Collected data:
----
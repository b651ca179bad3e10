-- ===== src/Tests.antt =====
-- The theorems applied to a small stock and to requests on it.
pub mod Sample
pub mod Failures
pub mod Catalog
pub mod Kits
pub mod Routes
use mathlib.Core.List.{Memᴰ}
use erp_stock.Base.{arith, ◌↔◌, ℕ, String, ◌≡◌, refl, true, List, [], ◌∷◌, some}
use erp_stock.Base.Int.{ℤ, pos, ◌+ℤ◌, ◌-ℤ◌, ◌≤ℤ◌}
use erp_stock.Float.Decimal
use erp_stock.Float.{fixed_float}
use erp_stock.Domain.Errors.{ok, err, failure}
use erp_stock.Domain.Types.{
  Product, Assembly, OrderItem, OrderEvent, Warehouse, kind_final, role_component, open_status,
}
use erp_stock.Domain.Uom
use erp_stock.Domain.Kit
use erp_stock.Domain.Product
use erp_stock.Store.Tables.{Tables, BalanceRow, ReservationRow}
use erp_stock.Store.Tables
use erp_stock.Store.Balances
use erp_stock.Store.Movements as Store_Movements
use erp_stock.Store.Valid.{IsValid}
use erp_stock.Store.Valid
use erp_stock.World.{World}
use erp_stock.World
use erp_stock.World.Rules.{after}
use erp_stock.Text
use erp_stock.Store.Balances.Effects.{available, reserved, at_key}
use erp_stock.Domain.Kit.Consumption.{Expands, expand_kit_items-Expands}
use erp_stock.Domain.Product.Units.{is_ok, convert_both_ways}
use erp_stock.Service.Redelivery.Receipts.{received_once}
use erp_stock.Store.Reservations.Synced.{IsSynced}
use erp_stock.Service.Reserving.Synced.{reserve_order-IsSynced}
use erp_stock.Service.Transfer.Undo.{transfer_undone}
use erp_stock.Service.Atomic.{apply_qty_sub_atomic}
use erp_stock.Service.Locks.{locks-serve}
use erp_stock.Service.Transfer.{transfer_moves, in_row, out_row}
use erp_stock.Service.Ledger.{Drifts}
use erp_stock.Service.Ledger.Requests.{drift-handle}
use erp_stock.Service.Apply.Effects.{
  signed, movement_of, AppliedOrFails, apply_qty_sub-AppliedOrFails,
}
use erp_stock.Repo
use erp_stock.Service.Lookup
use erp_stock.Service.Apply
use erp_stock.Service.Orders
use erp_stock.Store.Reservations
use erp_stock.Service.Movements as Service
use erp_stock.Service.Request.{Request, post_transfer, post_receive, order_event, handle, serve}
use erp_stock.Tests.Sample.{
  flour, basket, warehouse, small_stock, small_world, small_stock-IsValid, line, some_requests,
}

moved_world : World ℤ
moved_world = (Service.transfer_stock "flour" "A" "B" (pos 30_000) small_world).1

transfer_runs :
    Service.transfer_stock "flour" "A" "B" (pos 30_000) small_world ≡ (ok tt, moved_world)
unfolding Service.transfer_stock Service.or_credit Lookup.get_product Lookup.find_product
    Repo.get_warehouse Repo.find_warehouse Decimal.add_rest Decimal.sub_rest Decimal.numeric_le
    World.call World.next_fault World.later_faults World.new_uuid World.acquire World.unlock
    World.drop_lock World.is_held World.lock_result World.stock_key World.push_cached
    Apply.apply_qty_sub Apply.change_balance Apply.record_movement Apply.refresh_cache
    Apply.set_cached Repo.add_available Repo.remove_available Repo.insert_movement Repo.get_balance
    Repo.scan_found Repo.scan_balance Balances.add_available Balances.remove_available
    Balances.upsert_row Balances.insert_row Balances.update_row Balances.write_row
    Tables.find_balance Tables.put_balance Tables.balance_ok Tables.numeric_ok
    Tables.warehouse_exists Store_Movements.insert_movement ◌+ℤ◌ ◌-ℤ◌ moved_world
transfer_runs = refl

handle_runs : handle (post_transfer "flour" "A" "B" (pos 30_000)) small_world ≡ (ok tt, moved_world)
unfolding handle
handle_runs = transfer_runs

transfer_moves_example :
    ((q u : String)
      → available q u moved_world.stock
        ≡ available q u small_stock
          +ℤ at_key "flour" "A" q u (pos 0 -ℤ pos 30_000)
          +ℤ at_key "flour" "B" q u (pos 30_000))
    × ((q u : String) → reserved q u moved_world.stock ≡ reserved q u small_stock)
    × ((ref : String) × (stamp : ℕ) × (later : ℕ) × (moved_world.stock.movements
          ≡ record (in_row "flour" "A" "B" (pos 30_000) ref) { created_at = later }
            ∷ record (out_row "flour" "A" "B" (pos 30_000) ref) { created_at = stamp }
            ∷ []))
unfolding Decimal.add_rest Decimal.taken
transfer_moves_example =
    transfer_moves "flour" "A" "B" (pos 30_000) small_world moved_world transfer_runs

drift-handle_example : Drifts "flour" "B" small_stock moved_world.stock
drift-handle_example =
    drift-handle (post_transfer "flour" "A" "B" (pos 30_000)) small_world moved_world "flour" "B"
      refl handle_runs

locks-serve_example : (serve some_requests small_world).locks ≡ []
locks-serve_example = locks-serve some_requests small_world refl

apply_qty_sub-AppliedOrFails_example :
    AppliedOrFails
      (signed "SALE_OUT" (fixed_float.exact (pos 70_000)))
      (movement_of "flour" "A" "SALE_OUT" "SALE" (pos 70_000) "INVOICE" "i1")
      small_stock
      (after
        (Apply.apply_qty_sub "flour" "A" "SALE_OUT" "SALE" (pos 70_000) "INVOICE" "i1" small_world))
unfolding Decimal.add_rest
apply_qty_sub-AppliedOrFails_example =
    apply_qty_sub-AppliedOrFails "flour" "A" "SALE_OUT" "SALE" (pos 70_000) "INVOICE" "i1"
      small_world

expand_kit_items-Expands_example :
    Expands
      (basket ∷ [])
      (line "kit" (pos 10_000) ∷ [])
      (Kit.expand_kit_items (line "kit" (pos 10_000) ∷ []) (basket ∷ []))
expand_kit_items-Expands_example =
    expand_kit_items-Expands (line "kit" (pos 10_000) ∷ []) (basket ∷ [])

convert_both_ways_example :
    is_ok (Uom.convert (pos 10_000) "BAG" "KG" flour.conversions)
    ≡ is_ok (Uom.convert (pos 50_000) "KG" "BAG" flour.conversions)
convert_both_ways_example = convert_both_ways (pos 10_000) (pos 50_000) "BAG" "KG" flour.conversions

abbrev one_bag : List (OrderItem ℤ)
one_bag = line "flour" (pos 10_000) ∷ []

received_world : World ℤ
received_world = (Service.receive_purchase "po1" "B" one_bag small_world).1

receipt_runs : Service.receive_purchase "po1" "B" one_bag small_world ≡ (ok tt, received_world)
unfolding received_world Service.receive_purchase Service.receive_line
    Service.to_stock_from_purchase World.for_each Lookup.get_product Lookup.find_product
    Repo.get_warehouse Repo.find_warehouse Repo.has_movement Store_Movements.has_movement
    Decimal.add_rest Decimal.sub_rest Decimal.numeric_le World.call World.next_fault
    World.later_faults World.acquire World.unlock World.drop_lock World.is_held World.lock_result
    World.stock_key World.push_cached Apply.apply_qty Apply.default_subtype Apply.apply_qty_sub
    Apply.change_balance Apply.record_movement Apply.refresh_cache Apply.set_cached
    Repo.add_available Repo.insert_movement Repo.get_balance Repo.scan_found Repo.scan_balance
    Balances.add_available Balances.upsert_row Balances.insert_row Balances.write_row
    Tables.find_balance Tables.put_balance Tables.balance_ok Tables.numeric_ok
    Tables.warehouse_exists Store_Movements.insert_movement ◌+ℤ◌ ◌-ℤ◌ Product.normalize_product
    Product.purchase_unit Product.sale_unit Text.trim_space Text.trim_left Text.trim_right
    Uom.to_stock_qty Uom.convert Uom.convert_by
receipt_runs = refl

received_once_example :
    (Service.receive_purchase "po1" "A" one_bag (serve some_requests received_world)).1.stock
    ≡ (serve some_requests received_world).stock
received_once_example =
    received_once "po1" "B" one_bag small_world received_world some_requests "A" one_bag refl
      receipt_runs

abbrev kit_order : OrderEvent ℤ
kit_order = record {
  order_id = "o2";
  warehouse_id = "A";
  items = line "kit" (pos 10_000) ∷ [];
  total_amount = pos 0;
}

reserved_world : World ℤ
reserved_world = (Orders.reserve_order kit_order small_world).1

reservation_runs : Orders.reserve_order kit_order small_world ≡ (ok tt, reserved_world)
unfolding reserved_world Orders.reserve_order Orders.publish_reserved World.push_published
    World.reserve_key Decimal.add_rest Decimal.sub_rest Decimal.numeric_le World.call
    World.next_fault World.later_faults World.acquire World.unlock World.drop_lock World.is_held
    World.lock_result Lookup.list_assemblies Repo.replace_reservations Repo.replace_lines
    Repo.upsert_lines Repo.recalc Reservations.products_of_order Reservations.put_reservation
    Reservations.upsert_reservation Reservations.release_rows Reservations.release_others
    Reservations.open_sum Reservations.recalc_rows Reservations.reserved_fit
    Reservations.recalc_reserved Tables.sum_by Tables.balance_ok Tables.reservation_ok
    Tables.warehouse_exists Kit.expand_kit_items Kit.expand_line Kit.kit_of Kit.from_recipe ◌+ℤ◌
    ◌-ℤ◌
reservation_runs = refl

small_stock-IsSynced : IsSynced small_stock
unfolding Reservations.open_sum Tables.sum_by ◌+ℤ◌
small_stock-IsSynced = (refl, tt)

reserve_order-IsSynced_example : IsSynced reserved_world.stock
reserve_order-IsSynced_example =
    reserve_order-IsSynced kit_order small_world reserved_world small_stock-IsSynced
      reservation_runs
----
What is needed:
If a line above holds the word "call", copy it.

Response area:
    World.call World.next_fault World.later_faults World.new_uuid World.acquire World.unlock
    Decimal.add_rest Decimal.sub_rest Decimal.numeric_le World.call World.next_fault
    World.reserve_key Decimal.add_rest Decimal.sub_rest Decimal.numeric_le World.call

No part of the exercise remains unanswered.